For instance, in the example below which requires multi-hop reasoning, the model first retrieves that Jesse Hogan was the player who won the award, however hallucinated the wrong height.

During the second retrieval, it was able to retrieve the right context with the actual height, and can now craft the final answer.

They call their technique ITER-RETGEN. It works as follows:

  1. Start with user question \(q\)
  2. Query initial paragraphs \(D_{q}\)
  3. Get answer generation \(y_1\)
  4. Query new context given query and first geneartion, \(D_{y_1 \|\| q}\)
  5. Get answer generation \(y_2\)
  6. …and so on, until we have all \(T\) iterations.
  7. Return \(y_T\) as the final response

2. Evaluation Format

They used the following prompt to determine if the RAG answer is correct. They eschewed exact match (EM) metrics as it significantly understates the performance of the system, and was not sensitive to actual improvements in it. They called this method of evaluation Acc\(^\dagger\).

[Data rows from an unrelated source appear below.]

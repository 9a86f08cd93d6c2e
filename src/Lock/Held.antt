-- ===== src/Lock/Held.antt =====
-- A state lock that the service acquires and releases.
use deespec.Base.{
  ℕ, ◌≡◌, ◌+◌, true, false, sym, subst, refl, ap, ◌∙◌, inl, inr, ◌-◌, arith, String, Bool, Option,
  none, some, Result, ok, err, eq_refl,
}
use deespec.Base.Dict.{Dict, lookup, delete, lookup-delete, lookup-insert_self}
use deespec.Lock.Acquire.{Call}
use deespec.Lock.StateLock.{LockType, read, write, other, StateLock, StateLockError}
use deespec.Lock.StateTable.{StateLocks, find_state, acquire_state, release_state}
use deespec.Lock.States.{Taken, Acquires, acquire_state-Acquires}
use deespec.Lock.Heartbeats.{
  Heartbeat, Heartbeats, is_cancelled, cancel_of, start_heartbeat, stop_heartbeat, Among,
}
use deespec.Lock.Service.{LockService, after_acquire, acquire_state_lock, release_state_lock}

-- After the acquisition: a row for the lock, and a goroutine that beats for it and whose context, the
-- newest, is registered; and after a release then no row and no registration, the context is
-- cancelled, and there is no error.
abbrev pub HeldBy : String → StateLock → LockService → Type 0
HeldBy id lock s =
    let context = s.heartbeats.next_context - 1 in
    (lookup id s.table ≡ some lock)
    × (lookup id s.heartbeats.cancels ≡ some context)
    × Among (record { context = context; lock_id = id; failing = false }) s.heartbeats.live
    × ((release_state_lock id s).0 ≡ none)
    × (lookup id (release_state_lock id s).1.table ≡ none)
    × (lookup id (release_state_lock id s).1.heartbeats.cancels ≡ none)
    × (is_cancelled (release_state_lock id s).1.heartbeats context ≡ true)

-- The three results of the service's acquisition: a lock that is held; a refusal or an error, which
-- starts no heartbeat.
abbrev pub Granted :
    String → LockService → Result StateLockError (Option StateLock) × LockService → Type 0
Granted id s (ok (some lock), s') = HeldBy id lock s'
Granted id s (ok none, s') = s' ≡ s
Granted id s (err failure, s') = s'.heartbeats ≡ s.heartbeats

ok_injective :
    (a b : Option StateLock)
    → ◌≡◌ {A = Result StateLockError (Option StateLock)} (ok a) (ok b)
    → a ≡ b
ok_injective a b e = cc

-- A release of a lock with a row.
release_outcome :
    (id : String) (lock : StateLock) (s : LockService)
    → lookup id s.table ≡ some lock
    → release_state_lock id s
      ≡ (none, record { table = delete id s.table; heartbeats = stop_heartbeat id s.heartbeats })
unfolding release_state_lock release_state find_state
release_outcome id lock s there = simp (there, release_state_lock, release_state, find_state)

lookup-delete_self {ℓ} : {V : Type ℓ} (id : String) (m : Dict V) → lookup id (delete id m) ≡ none
lookup-delete_self id m = rw (lookup-delete id id m, eq_refl id) refl

abbrev beat : String → ℕ → Heartbeat
beat id context = record { context = context; lock_id = id; failing = false }

-- A release cancels the context that is registered.
ended :
    (id : String) (context : ℕ) (s : Heartbeats)
    → lookup id s.cancels ≡ some context
    → is_cancelled (stop_heartbeat id s) context ≡ true
unfolding stop_heartbeat cancel_of
ended id context s found = rw found (ground arith)

released_row :
    (id : String) (lock : StateLock) (table : StateLocks) (beats : Heartbeats)
    → lookup id table ≡ some lock
    → HeldBy id lock (record { table = table; heartbeats = start_heartbeat id beats })
unfolding start_heartbeat stop_heartbeat
released_row id lock table beats there =
    let beats' : Heartbeats = start_heartbeat id beats in
    let s : LockService = record { table = table; heartbeats = beats' } in
    let newest : beats.next_context + 1 - 1 ≡ beats.next_context = omega arith in
    let found = lookup-insert_self id beats.next_context beats.cancels in
    let gone = release_outcome id lock s there in
    (
      there,
      ground (arith, found),
      inl (ap (beat id) newest),
      ap (λ (r : Option StateLockError × LockService). r.0) gone,
      ap (λ (r : Option StateLockError × LockService). lookup id r.1.table) gone
          ∙ lookup-delete_self id table,
      ap (λ (r : Option StateLockError × LockService). lookup id r.1.heartbeats.cancels) gone
          ∙ lookup-delete_self id beats'.cancels,
      subst
          (λ (r : Option StateLockError × LockService).
            is_cancelled r.1.heartbeats (beats.next_context + 1 - 1) ≡ true)
          (sym gone) (rw newest (ended id beats.next_context beats' found)),
    )

-- A lock that is given has its row, whatever its type; a lock that may be taken is not refused.
module _ (ttl : ℕ) (call : Call) (id : String) (table : StateLocks) where
  granted_row :
      (lock_type : LockType) (lock : StateLock)
      → Taken ttl call lock_type id (ok (some lock), table)
      → lookup id table ≡ some lock
  granted_row read lock (given, there) = cc
  granted_row write lock (given, there) = cc
  granted_row (other text) lock (given, gone) = cc

  Taken-not_refused : (lock_type : LockType) → Taken ttl call lock_type id (ok none, table) → ⊥
  Taken-not_refused read (given, there) = cc
  Taken-not_refused write (given, there) = cc
  Taken-not_refused (other text) (given, gone) = cc

module _ (running : ℕ → Bool) (ttl : ℕ) (call : Call) (lock_type : LockType) (id : String)
    (s : LockService) where
  after_acquire-Granted :
      (acquired : Result StateLockError (Option StateLock) × StateLocks)
      → Acquires running ttl call lock_type id s.table acquired
      → Granted id s (after_acquire id s.heartbeats acquired)
  unfolding after_acquire
  after_acquire-Granted (err failure, table) h = refl
  after_acquire-Granted (ok none, table) (_, inl (row, there, holds, result, same)) =
      ap (λ (t : StateLocks). record { table = t; heartbeats = s.heartbeats }) same
  after_acquire-Granted (ok none, table) (_, inr (free, taken)) =
      absurd (Taken-not_refused ttl call id table lock_type taken)
  after_acquire-Granted (ok (some lock), table) (_, inl (row, there, holds, result, same)) =
      cc (ok_injective _ _ result)
  after_acquire-Granted (ok (some lock), table) (_, inr (free, taken)) =
      released_row id lock table s.heartbeats (granted_row ttl call id table lock_type lock taken)

  -- Where the service grants a state lock, the lock has its row, and a goroutine beats for it with a
  -- registered context; a release then succeeds, removes the row and the registration, and cancels
  -- the context, so that the goroutine ends. Where it refuses, nothing changes; where it fails, no heartbeat is
  -- started or stopped.
  pub acquire_state_lock-Granted : Granted id s (acquire_state_lock running ttl call lock_type id s)
  unfolding acquire_state_lock
  acquire_state_lock-Granted =
      after_acquire-Granted (acquire_state running ttl call lock_type id s.table)
        (acquire_state-Acquires running ttl call lock_type id s.table)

In the following task, you are given a
Question, a model Prediction for the
Question, and a Ground-truth Answer to the
Question. You should decide whether the
model Prediction implies the Ground-truth
Answer.

Question
{question}

Prediction
{model output}

Ground-truth Answer
{answer}

Does the Prediction imply the Ground-truth
Answer? Output Yes or No:

3. Results

They found that the second iteration brought the most performance boost, and higher iterations generally performed better. The second iteration (ITER-RETGEN 2) was competitive with other SOTA methods like ReAct, Self-Ask, and DSP.

They also validated that their Acc\(^\dagger\) metrics were more accurate than EM by manually inspecting samples, and finding that in the overwhelming majority of the cases where Acc\(^\dagger\) and EM disagrees, Acc\(^\dagger\) was correct.

Most Glaring Deficiency

In practice due to varying difficulty of tasks it may be interesting to explore taking an adaptive number of steps based on whether the model now already has enough knowledge to answer the question.

In addition, there may also be value to keeping previously retrieved context, which could be explored.

Conclusions for Future Work

I suspect this paradigm works because it can be viewed as a form of advanced query re-writing, where the query now looks very similar to the target data due to inclusion of similarly relevant data chunks.